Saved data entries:
━━━━━━━━━━━━━━━━━━━━
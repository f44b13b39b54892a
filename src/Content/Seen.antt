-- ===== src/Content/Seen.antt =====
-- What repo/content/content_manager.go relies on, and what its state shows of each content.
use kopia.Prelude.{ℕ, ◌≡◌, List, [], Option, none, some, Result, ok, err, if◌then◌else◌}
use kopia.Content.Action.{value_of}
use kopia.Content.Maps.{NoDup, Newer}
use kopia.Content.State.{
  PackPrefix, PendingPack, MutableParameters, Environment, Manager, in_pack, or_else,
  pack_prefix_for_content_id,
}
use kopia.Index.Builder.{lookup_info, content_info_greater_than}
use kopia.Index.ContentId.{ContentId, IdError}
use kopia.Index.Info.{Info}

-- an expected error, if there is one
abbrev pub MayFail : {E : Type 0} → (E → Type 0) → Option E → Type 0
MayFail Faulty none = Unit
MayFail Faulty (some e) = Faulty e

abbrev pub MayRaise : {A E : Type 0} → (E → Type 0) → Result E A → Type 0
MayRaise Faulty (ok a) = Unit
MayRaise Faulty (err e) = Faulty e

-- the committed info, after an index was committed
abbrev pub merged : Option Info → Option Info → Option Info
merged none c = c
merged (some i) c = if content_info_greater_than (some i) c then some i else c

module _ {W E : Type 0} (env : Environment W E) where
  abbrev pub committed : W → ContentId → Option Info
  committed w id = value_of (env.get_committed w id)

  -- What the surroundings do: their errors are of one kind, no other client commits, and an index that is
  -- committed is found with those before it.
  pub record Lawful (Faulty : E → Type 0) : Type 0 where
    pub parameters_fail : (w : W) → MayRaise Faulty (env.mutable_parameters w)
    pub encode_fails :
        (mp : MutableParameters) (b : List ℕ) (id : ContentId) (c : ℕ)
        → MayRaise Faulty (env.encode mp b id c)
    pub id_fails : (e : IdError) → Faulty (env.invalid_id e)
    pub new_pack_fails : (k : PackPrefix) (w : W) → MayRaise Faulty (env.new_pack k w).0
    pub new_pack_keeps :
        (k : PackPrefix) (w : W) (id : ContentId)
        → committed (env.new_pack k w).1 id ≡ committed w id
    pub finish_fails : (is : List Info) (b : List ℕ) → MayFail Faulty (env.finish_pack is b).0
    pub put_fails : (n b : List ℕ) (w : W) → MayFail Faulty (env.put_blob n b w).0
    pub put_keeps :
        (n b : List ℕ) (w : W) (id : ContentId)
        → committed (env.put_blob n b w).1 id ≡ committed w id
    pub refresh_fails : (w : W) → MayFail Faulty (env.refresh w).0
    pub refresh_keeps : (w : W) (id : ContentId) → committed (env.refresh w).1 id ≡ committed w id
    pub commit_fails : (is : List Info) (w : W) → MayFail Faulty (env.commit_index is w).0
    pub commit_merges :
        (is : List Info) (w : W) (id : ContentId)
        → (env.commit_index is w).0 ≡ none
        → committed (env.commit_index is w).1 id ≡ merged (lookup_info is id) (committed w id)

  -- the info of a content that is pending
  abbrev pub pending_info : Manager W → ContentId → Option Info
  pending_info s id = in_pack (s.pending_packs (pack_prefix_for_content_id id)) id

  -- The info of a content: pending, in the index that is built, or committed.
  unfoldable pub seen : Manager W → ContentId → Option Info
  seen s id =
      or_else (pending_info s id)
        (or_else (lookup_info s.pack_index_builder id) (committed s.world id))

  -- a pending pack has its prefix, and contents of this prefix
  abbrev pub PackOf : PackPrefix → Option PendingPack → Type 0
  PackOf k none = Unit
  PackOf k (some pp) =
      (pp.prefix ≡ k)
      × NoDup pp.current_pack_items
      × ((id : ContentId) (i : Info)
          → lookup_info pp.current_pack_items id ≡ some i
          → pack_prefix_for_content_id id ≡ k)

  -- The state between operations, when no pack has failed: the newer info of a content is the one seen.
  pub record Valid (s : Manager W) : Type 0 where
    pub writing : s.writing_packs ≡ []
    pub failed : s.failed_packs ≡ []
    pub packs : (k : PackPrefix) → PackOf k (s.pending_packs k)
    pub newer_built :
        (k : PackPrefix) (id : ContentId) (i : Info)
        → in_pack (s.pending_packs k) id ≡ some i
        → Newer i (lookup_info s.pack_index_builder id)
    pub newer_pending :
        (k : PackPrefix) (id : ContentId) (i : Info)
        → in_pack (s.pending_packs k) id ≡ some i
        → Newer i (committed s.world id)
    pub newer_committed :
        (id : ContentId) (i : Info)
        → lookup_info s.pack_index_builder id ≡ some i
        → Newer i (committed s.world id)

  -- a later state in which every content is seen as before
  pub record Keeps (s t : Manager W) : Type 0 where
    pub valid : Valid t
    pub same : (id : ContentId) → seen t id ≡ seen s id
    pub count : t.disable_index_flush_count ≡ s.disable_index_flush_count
━━━━━━━━━━━━━━━━━━━━
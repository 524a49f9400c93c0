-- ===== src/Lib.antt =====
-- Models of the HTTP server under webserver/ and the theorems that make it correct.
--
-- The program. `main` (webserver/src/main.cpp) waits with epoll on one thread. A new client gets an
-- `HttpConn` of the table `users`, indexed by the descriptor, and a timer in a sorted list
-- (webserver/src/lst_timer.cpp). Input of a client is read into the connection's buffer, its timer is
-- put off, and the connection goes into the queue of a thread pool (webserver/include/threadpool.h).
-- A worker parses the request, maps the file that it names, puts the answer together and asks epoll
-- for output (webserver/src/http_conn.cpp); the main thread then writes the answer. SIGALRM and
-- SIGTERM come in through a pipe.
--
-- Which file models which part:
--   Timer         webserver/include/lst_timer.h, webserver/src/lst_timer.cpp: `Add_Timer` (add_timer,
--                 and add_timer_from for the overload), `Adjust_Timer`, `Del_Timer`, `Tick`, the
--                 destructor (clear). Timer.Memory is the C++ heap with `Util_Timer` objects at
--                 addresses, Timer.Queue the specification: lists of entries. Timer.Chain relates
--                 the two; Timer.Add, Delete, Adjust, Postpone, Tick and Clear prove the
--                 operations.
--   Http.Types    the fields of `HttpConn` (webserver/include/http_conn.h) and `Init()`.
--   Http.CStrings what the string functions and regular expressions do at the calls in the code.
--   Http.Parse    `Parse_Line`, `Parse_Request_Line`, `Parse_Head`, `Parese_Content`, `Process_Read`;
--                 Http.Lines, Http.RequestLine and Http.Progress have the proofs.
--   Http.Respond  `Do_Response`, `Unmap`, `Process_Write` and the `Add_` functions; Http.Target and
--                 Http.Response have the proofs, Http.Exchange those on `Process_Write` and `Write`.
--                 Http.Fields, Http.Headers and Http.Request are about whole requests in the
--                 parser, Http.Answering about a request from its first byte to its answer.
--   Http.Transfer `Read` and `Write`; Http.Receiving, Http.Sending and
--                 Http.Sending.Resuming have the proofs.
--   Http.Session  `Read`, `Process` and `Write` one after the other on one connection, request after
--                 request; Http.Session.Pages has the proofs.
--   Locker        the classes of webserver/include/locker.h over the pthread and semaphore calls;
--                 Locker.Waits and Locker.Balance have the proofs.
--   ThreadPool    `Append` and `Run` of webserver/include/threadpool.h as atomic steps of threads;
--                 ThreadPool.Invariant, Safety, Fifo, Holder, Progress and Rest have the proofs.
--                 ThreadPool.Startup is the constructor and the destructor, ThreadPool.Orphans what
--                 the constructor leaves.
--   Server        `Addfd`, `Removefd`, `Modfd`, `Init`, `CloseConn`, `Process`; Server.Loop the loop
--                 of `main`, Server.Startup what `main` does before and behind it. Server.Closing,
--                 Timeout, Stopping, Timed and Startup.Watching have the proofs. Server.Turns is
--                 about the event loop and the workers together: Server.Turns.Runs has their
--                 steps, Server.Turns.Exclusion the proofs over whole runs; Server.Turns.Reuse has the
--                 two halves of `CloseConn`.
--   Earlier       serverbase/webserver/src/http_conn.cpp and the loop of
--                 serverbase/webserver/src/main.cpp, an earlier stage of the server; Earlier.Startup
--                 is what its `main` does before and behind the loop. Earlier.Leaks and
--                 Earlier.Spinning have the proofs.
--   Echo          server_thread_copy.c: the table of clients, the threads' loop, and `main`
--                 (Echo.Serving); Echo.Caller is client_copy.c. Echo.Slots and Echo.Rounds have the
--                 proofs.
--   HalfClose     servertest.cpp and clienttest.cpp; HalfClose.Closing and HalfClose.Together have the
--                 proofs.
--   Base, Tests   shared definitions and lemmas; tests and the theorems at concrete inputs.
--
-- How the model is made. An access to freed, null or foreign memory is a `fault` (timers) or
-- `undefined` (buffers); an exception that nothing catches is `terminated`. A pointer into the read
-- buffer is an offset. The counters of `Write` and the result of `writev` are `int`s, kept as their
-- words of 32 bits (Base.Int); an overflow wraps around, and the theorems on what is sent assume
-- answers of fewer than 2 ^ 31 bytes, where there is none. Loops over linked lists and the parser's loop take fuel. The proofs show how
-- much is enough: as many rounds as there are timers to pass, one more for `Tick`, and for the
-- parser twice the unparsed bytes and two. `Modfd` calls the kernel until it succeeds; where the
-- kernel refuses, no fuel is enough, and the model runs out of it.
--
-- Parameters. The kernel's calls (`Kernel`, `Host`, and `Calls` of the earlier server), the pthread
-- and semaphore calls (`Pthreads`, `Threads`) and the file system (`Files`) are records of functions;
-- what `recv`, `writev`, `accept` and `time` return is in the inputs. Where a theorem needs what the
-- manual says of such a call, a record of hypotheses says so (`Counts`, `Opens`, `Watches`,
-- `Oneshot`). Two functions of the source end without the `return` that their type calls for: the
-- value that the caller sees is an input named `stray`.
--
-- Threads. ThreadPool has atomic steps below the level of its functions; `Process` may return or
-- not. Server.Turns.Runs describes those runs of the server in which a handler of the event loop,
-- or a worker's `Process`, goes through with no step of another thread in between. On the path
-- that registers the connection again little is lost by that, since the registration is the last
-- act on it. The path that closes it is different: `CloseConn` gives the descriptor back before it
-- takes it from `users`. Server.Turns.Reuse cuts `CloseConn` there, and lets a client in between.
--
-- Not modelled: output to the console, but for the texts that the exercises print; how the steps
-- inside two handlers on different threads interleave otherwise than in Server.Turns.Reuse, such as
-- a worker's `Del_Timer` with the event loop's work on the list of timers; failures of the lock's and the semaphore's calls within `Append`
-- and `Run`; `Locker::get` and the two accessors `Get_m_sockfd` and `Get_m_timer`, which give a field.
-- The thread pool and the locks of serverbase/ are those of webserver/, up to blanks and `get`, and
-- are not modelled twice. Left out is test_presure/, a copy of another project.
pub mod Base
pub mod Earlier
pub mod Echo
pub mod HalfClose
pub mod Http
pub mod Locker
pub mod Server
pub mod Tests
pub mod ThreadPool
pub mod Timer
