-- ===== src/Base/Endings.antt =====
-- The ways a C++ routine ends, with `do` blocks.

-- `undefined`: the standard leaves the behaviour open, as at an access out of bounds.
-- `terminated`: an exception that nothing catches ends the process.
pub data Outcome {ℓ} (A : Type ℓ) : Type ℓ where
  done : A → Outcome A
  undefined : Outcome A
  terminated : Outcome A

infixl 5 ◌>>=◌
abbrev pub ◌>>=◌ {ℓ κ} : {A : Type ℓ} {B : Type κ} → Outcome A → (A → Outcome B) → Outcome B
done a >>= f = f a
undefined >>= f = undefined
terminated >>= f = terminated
━━━━━━━━━━━━━━━━━━━━
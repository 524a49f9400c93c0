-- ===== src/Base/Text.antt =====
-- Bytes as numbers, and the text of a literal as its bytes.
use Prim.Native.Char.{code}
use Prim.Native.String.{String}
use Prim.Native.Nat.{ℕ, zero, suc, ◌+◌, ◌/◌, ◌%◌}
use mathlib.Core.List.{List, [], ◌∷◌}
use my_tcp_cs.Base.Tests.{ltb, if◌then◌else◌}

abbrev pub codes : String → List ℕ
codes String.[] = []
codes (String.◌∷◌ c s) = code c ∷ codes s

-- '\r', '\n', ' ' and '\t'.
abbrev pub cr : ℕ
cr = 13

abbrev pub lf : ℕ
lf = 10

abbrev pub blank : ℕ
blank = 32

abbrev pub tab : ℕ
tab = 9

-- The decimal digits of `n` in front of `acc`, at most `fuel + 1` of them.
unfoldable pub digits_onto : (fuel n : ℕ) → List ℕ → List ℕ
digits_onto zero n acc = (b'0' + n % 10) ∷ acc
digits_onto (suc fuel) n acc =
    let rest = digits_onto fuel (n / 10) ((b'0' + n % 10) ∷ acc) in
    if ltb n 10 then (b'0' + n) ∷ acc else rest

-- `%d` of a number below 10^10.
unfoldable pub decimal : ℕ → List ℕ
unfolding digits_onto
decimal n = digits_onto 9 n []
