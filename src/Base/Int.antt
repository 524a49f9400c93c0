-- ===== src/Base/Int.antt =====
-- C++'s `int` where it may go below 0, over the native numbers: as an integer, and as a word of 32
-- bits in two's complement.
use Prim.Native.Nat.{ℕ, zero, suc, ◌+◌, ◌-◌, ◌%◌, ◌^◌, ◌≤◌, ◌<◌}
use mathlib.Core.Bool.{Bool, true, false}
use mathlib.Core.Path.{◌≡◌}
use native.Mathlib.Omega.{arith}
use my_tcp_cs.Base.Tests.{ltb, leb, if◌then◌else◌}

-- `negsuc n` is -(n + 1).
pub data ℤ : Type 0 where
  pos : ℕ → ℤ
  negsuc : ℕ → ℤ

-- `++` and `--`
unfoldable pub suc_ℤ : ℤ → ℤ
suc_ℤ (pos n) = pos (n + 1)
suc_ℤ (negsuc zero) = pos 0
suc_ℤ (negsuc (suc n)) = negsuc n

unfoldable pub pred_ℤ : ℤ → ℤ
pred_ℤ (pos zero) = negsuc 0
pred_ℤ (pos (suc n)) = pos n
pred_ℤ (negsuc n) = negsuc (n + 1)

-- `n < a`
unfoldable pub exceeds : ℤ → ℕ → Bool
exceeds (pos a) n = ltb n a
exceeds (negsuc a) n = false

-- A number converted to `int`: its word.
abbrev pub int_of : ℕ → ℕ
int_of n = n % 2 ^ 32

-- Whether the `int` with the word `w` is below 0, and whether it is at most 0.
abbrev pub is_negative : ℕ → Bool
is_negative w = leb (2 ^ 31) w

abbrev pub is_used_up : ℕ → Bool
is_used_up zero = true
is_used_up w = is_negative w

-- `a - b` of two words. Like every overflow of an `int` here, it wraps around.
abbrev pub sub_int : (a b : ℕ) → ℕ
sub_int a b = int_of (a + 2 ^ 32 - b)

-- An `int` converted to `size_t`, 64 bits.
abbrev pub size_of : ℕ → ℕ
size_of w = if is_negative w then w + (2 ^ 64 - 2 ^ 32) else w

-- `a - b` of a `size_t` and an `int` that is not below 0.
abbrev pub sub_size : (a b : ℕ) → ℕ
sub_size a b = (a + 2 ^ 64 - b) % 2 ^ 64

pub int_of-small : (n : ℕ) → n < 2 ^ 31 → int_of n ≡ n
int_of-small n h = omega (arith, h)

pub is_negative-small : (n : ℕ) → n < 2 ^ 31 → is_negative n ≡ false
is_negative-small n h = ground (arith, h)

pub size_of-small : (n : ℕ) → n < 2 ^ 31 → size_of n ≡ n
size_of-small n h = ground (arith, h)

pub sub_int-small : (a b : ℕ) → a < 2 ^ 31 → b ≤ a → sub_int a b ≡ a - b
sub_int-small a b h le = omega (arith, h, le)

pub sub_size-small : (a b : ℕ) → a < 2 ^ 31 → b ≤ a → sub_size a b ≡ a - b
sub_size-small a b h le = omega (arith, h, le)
━━━━━━━━━━━━━━━━━━━━
▶ _WORK TO BE COMPLETED_
Above are the records. Print exactly, and only, the lines from the line with "pub sub_size-small : (a" to the line with "sub_size-small a b", both inclusive.

▶ _RESULT BELOW_
pub sub_size-small : (a b : ℕ) → a < 2 ^ 31 → b ≤ a → sub_size a b ≡ a - b
sub_size-small a b h le = omega (arith, h, le)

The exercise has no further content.